Please write out exactly the lines of the data below from the line holding "unfoldable pub referenced" through the line holding "unfoldable pub expand_memory_structure", and leave out the rest.

**MATERIAL SHOWN:**
━━━
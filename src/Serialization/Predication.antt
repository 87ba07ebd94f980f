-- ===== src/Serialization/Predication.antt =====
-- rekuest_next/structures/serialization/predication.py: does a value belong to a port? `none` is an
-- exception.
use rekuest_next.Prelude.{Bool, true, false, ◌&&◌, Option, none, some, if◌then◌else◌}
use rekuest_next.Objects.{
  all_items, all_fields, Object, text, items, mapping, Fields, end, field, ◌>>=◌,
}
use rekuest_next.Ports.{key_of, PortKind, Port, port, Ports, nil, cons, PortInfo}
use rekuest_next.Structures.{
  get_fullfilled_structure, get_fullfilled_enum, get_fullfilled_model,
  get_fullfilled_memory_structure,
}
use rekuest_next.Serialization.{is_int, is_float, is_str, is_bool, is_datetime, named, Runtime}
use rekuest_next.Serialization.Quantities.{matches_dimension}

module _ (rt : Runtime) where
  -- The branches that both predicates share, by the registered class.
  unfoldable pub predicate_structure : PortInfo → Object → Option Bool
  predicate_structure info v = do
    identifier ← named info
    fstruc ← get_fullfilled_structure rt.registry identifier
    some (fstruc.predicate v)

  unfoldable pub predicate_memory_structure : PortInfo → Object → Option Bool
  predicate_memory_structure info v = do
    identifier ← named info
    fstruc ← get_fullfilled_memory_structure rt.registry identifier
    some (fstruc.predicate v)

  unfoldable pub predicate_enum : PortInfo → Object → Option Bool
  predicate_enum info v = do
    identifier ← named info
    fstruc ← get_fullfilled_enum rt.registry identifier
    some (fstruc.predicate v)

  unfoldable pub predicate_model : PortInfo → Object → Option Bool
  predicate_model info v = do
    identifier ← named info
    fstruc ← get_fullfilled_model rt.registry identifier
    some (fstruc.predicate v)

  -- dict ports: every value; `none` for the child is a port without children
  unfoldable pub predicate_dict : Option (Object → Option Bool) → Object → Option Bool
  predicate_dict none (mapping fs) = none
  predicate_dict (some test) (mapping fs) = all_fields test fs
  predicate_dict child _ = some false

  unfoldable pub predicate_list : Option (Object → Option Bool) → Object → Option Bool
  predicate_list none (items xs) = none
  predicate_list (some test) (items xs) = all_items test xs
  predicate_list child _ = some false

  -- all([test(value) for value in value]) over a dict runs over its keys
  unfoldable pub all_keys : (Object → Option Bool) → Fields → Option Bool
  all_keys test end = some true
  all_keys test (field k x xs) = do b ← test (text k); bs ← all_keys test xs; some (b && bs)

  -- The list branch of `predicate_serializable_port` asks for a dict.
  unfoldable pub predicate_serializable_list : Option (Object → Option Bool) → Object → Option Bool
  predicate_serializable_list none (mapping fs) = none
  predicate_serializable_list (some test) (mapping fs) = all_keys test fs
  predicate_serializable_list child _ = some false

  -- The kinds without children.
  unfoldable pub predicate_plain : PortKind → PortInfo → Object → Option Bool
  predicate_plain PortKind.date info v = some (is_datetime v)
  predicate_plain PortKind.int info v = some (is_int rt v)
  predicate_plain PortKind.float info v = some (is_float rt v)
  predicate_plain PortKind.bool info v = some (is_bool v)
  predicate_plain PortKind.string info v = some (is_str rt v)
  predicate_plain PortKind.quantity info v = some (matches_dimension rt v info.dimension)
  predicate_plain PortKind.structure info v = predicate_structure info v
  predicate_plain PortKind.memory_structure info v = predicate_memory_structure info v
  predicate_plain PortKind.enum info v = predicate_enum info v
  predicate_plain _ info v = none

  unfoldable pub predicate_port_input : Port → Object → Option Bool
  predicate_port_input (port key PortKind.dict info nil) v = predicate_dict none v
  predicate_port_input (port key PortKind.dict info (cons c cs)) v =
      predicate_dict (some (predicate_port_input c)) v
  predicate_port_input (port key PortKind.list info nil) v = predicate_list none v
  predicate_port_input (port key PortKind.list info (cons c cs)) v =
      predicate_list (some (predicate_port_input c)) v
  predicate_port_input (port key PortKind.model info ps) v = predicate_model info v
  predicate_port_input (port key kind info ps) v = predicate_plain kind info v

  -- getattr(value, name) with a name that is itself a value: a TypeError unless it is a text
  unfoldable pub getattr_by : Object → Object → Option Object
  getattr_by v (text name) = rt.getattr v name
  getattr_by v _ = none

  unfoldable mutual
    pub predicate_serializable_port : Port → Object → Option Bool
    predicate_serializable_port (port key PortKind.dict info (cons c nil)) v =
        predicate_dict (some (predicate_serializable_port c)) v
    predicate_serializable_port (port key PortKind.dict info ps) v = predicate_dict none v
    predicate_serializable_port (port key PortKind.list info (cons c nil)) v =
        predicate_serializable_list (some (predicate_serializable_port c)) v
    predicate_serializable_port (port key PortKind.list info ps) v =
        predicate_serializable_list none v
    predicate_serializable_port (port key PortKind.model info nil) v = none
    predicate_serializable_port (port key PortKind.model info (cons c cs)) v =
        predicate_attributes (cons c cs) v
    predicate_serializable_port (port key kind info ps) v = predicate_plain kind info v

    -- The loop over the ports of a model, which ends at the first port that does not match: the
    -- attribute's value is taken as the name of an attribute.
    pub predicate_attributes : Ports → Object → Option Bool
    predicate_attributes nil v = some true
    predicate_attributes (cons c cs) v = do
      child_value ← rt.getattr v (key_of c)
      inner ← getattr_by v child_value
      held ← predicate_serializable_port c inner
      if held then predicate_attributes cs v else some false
━━━
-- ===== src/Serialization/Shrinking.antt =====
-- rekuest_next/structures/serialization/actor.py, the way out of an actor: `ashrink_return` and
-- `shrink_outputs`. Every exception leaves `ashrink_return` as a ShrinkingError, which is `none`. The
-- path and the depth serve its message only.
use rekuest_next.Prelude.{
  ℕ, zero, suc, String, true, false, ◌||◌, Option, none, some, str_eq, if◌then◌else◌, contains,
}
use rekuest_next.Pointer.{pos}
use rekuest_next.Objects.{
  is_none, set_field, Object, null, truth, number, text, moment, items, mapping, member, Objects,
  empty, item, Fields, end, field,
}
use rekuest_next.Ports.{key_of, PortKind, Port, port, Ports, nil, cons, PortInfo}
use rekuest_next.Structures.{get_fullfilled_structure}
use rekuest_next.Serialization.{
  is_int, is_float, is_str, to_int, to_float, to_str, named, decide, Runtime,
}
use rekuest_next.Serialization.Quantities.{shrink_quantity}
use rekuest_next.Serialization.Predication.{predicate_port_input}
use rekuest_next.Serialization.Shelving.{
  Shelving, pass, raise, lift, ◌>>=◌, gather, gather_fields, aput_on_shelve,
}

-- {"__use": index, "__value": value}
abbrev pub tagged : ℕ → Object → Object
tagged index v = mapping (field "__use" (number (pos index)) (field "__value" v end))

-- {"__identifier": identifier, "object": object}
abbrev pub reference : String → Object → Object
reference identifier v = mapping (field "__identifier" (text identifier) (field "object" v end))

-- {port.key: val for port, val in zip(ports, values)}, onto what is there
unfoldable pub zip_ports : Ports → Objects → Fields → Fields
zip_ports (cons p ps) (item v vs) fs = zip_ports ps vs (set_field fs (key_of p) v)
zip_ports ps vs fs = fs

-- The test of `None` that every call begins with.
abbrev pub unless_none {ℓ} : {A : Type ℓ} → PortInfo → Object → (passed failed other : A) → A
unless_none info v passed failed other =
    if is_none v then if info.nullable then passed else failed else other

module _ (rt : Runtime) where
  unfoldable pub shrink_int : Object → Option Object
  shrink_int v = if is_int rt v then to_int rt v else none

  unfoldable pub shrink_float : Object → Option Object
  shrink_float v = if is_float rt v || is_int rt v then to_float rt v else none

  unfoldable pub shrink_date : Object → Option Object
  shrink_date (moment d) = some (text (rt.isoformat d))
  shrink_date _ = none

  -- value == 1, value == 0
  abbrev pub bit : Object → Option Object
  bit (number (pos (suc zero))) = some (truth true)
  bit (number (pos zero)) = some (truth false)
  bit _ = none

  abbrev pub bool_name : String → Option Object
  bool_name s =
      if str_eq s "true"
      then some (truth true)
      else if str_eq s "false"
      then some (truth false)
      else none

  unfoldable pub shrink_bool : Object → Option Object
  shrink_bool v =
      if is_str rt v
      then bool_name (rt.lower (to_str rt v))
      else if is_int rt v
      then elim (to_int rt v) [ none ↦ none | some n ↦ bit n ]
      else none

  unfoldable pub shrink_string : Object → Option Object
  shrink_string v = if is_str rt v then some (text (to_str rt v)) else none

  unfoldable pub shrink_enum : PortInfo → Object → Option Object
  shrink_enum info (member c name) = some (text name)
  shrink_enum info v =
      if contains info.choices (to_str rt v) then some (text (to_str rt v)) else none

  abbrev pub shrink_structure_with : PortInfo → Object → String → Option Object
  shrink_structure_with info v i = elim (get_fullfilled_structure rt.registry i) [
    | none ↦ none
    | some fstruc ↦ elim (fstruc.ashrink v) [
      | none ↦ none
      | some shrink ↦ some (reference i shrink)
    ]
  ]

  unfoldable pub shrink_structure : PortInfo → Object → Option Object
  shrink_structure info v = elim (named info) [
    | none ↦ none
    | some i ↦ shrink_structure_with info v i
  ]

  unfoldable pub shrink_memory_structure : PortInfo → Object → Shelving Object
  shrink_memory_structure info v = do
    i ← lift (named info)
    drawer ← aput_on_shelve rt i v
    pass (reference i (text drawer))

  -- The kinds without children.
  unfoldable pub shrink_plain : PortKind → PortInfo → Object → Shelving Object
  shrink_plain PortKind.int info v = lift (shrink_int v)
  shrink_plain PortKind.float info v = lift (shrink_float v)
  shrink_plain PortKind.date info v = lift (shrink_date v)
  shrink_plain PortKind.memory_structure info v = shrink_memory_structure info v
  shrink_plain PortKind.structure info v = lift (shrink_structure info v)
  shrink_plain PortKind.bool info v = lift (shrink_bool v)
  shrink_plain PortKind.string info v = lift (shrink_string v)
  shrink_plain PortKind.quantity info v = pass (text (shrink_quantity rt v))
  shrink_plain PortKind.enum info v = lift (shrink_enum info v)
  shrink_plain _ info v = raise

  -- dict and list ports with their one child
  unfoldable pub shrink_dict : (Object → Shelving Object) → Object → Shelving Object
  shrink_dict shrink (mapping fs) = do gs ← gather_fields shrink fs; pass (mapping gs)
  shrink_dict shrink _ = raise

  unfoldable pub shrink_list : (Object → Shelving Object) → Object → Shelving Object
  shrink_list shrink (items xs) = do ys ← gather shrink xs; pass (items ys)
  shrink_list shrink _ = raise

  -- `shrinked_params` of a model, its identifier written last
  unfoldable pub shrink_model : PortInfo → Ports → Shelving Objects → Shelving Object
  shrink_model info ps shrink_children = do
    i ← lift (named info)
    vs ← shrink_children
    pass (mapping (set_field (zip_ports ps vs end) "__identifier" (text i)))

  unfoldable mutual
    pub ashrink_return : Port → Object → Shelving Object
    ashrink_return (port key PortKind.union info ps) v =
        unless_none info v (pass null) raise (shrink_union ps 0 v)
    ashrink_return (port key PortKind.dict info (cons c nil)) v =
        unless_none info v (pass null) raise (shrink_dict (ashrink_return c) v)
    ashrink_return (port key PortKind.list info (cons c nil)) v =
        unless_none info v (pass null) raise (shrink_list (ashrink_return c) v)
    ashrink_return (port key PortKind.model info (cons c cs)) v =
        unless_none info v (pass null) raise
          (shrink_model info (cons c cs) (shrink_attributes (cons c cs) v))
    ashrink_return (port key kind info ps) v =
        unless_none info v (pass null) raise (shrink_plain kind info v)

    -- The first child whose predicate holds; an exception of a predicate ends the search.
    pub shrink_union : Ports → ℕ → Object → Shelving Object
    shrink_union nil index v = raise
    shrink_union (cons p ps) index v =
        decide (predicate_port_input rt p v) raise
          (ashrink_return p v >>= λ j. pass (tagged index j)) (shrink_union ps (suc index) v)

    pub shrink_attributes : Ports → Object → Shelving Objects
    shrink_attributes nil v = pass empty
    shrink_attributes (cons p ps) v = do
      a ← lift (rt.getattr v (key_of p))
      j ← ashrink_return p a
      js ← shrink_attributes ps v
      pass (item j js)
━━━
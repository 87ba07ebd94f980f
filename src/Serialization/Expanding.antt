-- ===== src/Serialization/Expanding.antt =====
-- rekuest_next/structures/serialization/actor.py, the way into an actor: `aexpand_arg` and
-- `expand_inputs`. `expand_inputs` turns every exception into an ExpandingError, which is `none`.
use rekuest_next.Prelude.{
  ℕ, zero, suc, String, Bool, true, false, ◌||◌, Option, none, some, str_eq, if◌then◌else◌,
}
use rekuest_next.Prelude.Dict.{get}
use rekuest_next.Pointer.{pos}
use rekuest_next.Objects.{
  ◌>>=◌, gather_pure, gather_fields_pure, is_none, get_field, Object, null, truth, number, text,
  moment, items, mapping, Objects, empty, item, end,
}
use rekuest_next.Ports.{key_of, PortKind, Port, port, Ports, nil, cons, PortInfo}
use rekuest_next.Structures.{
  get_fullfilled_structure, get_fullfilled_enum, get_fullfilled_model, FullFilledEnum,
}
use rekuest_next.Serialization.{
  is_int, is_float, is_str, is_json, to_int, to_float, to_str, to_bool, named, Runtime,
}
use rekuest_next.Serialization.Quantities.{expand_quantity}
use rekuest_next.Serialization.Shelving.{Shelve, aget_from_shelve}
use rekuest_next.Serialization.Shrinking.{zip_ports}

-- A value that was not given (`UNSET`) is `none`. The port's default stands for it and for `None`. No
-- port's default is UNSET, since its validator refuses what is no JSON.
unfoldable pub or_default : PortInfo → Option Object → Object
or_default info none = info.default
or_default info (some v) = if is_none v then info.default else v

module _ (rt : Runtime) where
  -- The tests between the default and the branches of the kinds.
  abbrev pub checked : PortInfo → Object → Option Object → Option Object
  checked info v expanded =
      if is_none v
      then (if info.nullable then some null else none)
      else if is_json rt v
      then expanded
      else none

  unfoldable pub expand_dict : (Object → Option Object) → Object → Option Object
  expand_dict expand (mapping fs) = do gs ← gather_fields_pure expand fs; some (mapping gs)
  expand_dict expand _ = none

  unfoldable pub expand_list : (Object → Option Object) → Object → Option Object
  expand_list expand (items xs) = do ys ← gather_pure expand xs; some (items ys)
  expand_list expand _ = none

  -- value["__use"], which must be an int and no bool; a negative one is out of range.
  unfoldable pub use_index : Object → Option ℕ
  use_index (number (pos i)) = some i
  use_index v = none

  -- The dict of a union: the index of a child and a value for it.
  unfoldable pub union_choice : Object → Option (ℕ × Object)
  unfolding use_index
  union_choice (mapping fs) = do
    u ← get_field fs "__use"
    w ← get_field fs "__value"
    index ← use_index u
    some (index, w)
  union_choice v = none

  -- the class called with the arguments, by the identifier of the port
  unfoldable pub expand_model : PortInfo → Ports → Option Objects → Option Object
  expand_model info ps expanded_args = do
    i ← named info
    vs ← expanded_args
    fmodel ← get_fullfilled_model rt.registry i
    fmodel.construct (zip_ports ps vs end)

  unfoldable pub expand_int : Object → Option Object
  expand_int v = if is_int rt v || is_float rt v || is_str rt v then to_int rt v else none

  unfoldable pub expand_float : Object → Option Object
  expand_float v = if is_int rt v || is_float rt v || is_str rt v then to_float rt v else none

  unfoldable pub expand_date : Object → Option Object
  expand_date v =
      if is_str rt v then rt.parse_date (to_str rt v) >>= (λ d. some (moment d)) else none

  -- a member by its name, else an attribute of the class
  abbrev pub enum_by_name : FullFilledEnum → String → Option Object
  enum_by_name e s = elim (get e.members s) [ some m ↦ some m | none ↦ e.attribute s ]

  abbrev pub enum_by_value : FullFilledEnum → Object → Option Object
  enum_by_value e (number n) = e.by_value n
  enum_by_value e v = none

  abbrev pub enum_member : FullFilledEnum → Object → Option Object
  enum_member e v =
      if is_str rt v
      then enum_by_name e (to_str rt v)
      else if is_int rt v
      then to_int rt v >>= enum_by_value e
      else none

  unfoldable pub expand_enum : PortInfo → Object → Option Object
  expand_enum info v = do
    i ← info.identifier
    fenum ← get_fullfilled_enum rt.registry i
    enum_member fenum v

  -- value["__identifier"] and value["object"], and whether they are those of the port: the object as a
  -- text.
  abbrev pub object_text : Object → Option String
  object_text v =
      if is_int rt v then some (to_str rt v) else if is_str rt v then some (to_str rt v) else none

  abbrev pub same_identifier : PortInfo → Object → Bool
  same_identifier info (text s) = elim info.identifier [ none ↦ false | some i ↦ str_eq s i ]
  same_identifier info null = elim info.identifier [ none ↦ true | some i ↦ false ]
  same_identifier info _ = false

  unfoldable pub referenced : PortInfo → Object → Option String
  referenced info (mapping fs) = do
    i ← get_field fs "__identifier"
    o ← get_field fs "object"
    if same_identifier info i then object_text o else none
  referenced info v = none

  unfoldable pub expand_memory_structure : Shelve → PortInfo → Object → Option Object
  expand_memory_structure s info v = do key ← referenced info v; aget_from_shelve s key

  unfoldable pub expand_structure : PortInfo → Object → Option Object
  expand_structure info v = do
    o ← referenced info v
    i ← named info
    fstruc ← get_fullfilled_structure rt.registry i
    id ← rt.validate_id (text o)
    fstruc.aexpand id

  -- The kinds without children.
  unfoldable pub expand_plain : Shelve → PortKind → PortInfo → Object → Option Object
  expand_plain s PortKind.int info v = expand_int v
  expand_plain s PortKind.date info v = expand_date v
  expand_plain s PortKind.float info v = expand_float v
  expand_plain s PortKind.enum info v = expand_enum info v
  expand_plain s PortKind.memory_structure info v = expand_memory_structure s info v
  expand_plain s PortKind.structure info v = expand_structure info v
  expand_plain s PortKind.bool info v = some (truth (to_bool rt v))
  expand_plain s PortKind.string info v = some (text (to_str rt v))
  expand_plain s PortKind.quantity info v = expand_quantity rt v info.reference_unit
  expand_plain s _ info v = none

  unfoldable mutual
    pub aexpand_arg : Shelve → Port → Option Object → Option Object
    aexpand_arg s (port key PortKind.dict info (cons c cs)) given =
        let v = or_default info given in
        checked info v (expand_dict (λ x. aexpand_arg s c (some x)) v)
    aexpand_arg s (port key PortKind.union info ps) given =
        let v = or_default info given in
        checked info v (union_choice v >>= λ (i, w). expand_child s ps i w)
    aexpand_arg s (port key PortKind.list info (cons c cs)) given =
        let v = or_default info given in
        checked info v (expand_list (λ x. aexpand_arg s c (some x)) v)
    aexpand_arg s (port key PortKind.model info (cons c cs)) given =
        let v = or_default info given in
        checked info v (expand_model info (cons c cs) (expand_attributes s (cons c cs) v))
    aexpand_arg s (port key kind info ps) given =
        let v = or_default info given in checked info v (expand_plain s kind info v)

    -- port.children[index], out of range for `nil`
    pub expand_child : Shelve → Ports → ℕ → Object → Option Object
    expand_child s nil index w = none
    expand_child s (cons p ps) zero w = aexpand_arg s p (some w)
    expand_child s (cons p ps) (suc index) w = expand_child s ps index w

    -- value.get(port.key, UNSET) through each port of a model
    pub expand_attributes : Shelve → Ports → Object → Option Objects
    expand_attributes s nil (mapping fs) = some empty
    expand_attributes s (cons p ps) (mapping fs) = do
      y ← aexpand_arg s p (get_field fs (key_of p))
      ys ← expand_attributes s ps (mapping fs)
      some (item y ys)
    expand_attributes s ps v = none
━━━
**FINAL ANSWER:**
  unfoldable pub referenced : PortInfo → Object → Option String
  referenced info (mapping fs) = do
    i ← get_field fs "__identifier"
    o ← get_field fs "object"
    if same_identifier info i then object_text o else none
  referenced info v = none

  unfoldable pub expand_memory_structure : Shelve → PortInfo → Object → Option Object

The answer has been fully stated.